Hull City Balances Books Ahead of Premier League Return
Hull City’s return to the Premier League very nearly began with a handicap. Not on the pitch. On the balance sheet.
With the June 30 PSR deadline looming and an estimated £6m overspend hanging over the club’s 2025-26 accounts, the newly promoted Tigers had to move fast or risk starting their top-flight campaign with a points deduction of up to six points.
They did not blink.
Promotion joy, financial reality
The mood around Hull had been euphoric since that tight, nervy 1-0 win over Middlesbrough in the Championship play-off final. One game, one goal, and a place back among English football’s elite secured.
But the EFL’s Profit and Sustainability Rules do not care for romance. Championship clubs are capped at losses of £39m over a rolling three-year period, and promotion does not wipe the slate clean. The Premier League money is coming, but the numbers for the period just ended still had to add up.

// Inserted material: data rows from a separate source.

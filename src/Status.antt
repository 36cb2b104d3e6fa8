-- ===== src/Status.antt =====
-- The status controller, pkg/controllers/nodeclass/status/controller.go.
pub mod Conditions
pub mod Resolution
pub mod Template
pub mod Reconcile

Hull’s didn’t. Not until they made some hard calls.
Pandur sale does the heavy lifting
The biggest of those calls involved one of their key promotion figures. Goalkeeper Pandur, a cornerstone of the campaign, left for Rangers in a £6m deal that did as much for Hull’s PSR position as it did for the Scottish club’s squad.
The 26-year-old had been outstanding: 45 appearances, 11 clean sheets, a calm presence behind a side under constant pressure in the run-in. Signed from Fortuna Sittard for £1.5m in January 2024, he was both a footballing success and, crucially in this context, an accounting triumph.
That £6m fee, set against his relatively low original cost, translated into a major profit for PSR purposes. It hurt the team sheet. It healed the balance sheet.
Teen prospect becomes pure profit
The pressure didn’t ease with Pandur’s exit. Hull still needed more. A proposed £5m move for Kyle Joseph to Middlesbrough collapsed, closing off what would have been another major chunk of income.
So attention turned to a player who had never kicked a ball for the first team.
Nineteen-year-old midfielder Shehu, signed from Southend United for only a minimal compensation fee, completed a reported £2.5m switch to Panathinaikos. From a PSR perspective, it was almost pure profit: negligible cost in, millions out.
In the end, it was the teenager without a senior appearance, alongside the promotion-winning goalkeeper, who effectively kept Hull’s Premier League campaign from starting with a points deficit.
Restrictions lifted, rebuild unlocked
Those two exits were enough. The deficit was cleared before the accounting deadline. With that, the financial handbrake that had been clamped on Hull’s summer plans finally came off.
The club had been operating under tight restrictions, unable to properly move in the market while the threat of sanctions hovered in the background. Now, with the books balanced for the relevant period, Hull can step into the window with a different posture: not scrambling to sell, but looking to buy.
The timing matters. A new accounting cycle has begun. The club’s financial picture will now be judged under a different framework.
New rules, new landscape
As English football shifts away from traditional PSR towards the new squad cost ratio (SCR) model, Hull find themselves in a slightly more forgiving environment.
Instead of tracking losses over three years, SCR focuses on what proportion of a club’s revenue goes on its squad each season. For Hull, that means the surge in Premier League income will count more quickly and more clearly in their favour when it comes to future spending.
They still need to be smart. They still need to be disciplined. But they are no longer trying to solve last year’s problem while planning next year’s team.
From survival off the pitch to survival on it
With the off-field crisis averted, the task now is brutally simple: build a squad that can stay up.
Hull have removed the threat of a points deduction before a ball is kicked. They have turned two assets into the financial breathing space they needed. Now comes the harder part – replacing a promotion-winning goalkeeper, absorbing the loss of a promising youngster, and finding enough quality to live with the pace and power of the Premier League.
The numbers add up again. Soon enough, everyone will see whether the football does.